[Opening PROVIDED DATA section]

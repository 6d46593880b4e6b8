-- ===== src/RefreshToken/Steps.antt =====
-- The transactions of the repository as equations, where the tenant is a `uuid`.
use hotel_crm.Prelude.{ℕ, ◌+◌, ◌≡◌, String, Bool, Option, none, some, ◌==◌}
use mathlib.Core.Option
use hotel_crm.Schema.{TokenRow, token_conflict}
use hotel_crm.Platform.{Platform, World}
use hotel_crm.Platform.Results.{ok, err}
use hotel_crm.Tenant.{setting_of, with_tenant}
use hotel_crm.RefreshToken.Repository.{
  NewRefreshToken, stored_of, policy, revoke_at, has_hash, claimable, live_in_family, expired_of,
  new_row, create, insert, stamp, find_by_hash, claim, revoke_family, delete_expired_for_user,
}

module _ {U T R K : Type 0} (p : Platform U T R K) (s : Option String) (w : World U T R) where
  abbrev pub stamped_tokens : (TokenRow → Bool) → T × ℕ
  stamped_tokens q = p.tokens.update_many (policy s) q (revoke_at (p.clock w.reads)) w.tokens

module _ {U T R K : Type 0} (p : Platform U T R K) (tenant : String) (s : Option String)
    (w : World U T R) (e : setting_of p tenant ≡ ok s) where
  pub find_by_hash_lem :
      (hash : String)
      → find_by_hash p tenant hash w
        ≡ (ok (Option.map stored_of (p.tokens.find_first (policy s) (has_hash hash) w.tokens)), w)
  unfolding find_by_hash with_tenant
  find_by_hash_lem hash = rw e

  pub claim_lem :
      (id : String)
      → claim p tenant id w ≡ (
        ok ((stamped_tokens p s w (claimable id)).1 == 1),
        record w { reads = w.reads + 1; tokens = (stamped_tokens p s w (claimable id)).0 },
      )
  unfolding claim stamp with_tenant
  claim_lem id = rw e

  pub revoke_family_lem :
      (family_id : String)
      → revoke_family p tenant family_id w ≡ (
        ok tt,
        record w {
          reads = w.reads + 1;
          tokens = (stamped_tokens p s w (live_in_family family_id)).0;
        },
      )
  unfolding revoke_family stamp with_tenant
  revoke_family_lem family_id = rw e

  pub delete_expired_for_user_lem :
      (user_id : String)
      → delete_expired_for_user p tenant user_id w ≡ (
        ok tt,
        record w {
          reads = w.reads + 1;
          tokens = p.tokens.delete_many (policy s) (expired_of user_id (p.clock w.reads)) w.tokens;
        },
      )
  unfolding delete_expired_for_user with_tenant
  delete_expired_for_user_lem user_id = rw e

  -- An insert that the table takes.
  pub create_lem :
      (new : NewRefreshToken) (u : String) (t : T)
      → p.to_uuid tenant ≡ ok u
      → p.tokens.create
          (policy s)
          token_conflict
          (new_row u (p.random_uuid w.drawn) (p.clock w.reads) new)
          w.tokens
        ≡ some t
      → create p tenant new w
        ≡ (ok tt, record w { tokens = t; reads = w.reads + 1; drawn = w.drawn + 1 })
  unfolding create insert with_tenant
  create_lem new u t f g = rw (e, f, g, insert)

  pub create_refused :
      (new : NewRefreshToken) (u : String)
      → p.to_uuid tenant ≡ ok u
      → p.tokens.create
          (policy s)
          token_conflict
          (new_row u (p.random_uuid w.drawn) (p.clock w.reads) new)
          w.tokens
        ≡ none
      → (create p tenant new w).0
        ≡ err (
            p.tokens.refusal
              (policy s)
              token_conflict
              (new_row u (p.random_uuid w.drawn) (p.clock w.reads) new)
              w.tokens)
  unfolding create insert with_tenant
  create_refused new u f g = rw (e, f, g, insert)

[Closing PROVIDED DATA section]

**BRIEF:** All the entries above should come back exactly as they are written.

**RESPONSE TO THE TASK:**
repository 6d46593880b4e6b8
-- ===== src/RefreshToken/Steps.antt =====
-- The transactions of the repository as equations, where the tenant is a `uuid`.
use hotel_crm.Prelude.{ℕ, ◌+◌, ◌≡◌, String, Bool, Option, none, some, ◌==◌}
use mathlib.Core.Option
use hotel_crm.Schema.{TokenRow, token_conflict}
use hotel_crm.Platform.{Platform, World}
use hotel_crm.Platform.Results.{ok, err}
use hotel_crm.Tenant.{setting_of, with_tenant}
use hotel_crm.RefreshToken.Repository.{
  NewRefreshToken, stored_of, policy, revoke_at, has_hash, claimable, live_in_family, expired_of,
  new_row, create, insert, stamp, find_by_hash, claim, revoke_family, delete_expired_for_user,
}

module _ {U T R K : Type 0} (p : Platform U T R K) (s : Option String) (w : World U T R) where
  abbrev pub stamped_tokens : (TokenRow → Bool) → T × ℕ
  stamped_tokens q = p.tokens.update_many (policy s) q (revoke_at (p.clock w.reads)) w.tokens

module _ {U T R K : Type 0} (p : Platform U T R K) (tenant : String) (s : Option String)
    (w : World U T R) (e : setting_of p tenant ≡ ok s) where
  pub find_by_hash_lem :
      (hash : String)
      → find_by_hash p tenant hash w
        ≡ (ok (Option.map stored_of (p.tokens.find_first (policy s) (has_hash hash) w.tokens)), w)
  unfolding find_by_hash with_tenant
  find_by_hash_lem hash = rw e

  pub claim_lem :
      (id : String)
      → claim p tenant id w ≡ (
        ok ((stamped_tokens p s w (claimable id)).1 == 1),
        record w { reads = w.reads + 1; tokens = (stamped_tokens p s w (claimable id)).0 },
      )
  unfolding claim stamp with_tenant
  claim_lem id = rw e

  pub revoke_family_lem :
      (family_id : String)
      → revoke_family p tenant family_id w ≡ (
        ok tt,
        record w {
          reads = w.reads + 1;
          tokens = (stamped_tokens p s w (live_in_family family_id)).0;
        },
      )
  unfolding revoke_family stamp with_tenant
  revoke_family_lem family_id = rw e

  pub delete_expired_for_user_lem :
      (user_id : String)
      → delete_expired_for_user p tenant user_id w ≡ (
        ok tt,
        record w {
          reads = w.reads + 1;
          tokens = p.tokens.delete_many (policy s) (expired_of user_id (p.clock w.reads)) w.tokens;
        },
      )
  unfolding delete_expired_for_user with_tenant
  delete_expired_for_user_lem user_id = rw e

  -- An insert that the table takes.
  pub create_lem :
      (new : NewRefreshToken) (u : String) (t : T)
      → p.to_uuid tenant ≡ ok u
      → p.tokens.create
          (policy s)
          token_conflict
          (new_row u (p.random_uuid w.drawn) (p.clock w.reads) new)
          w.tokens
        ≡ some t
      → create p tenant new w
        ≡ (ok tt, record w { tokens = t; reads = w.reads + 1; drawn = w.drawn + 1 })
  unfolding create insert with_tenant
  create_lem new u t f g = rw (e, f, g, insert)

  pub create_refused :
      (new : NewRefreshToken) (u : String)
      → p.to_uuid tenant ≡ ok u
      → p.tokens.create
          (policy s)
          token_conflict
          (new_row u (p.random_uuid w.drawn) (p.clock w.reads) new)
          w.tokens
        ≡ none
      → (create p tenant new w).0
        ≡ err (
            p.tokens.refusal
              (policy s)
              token_conflict
              (new_row u (p.random_uuid w.drawn) (p.clock w.reads) new)
              w.tokens)
  unfolding create insert with_tenant
  create_refused new u f g = rw (e, f, g, insert)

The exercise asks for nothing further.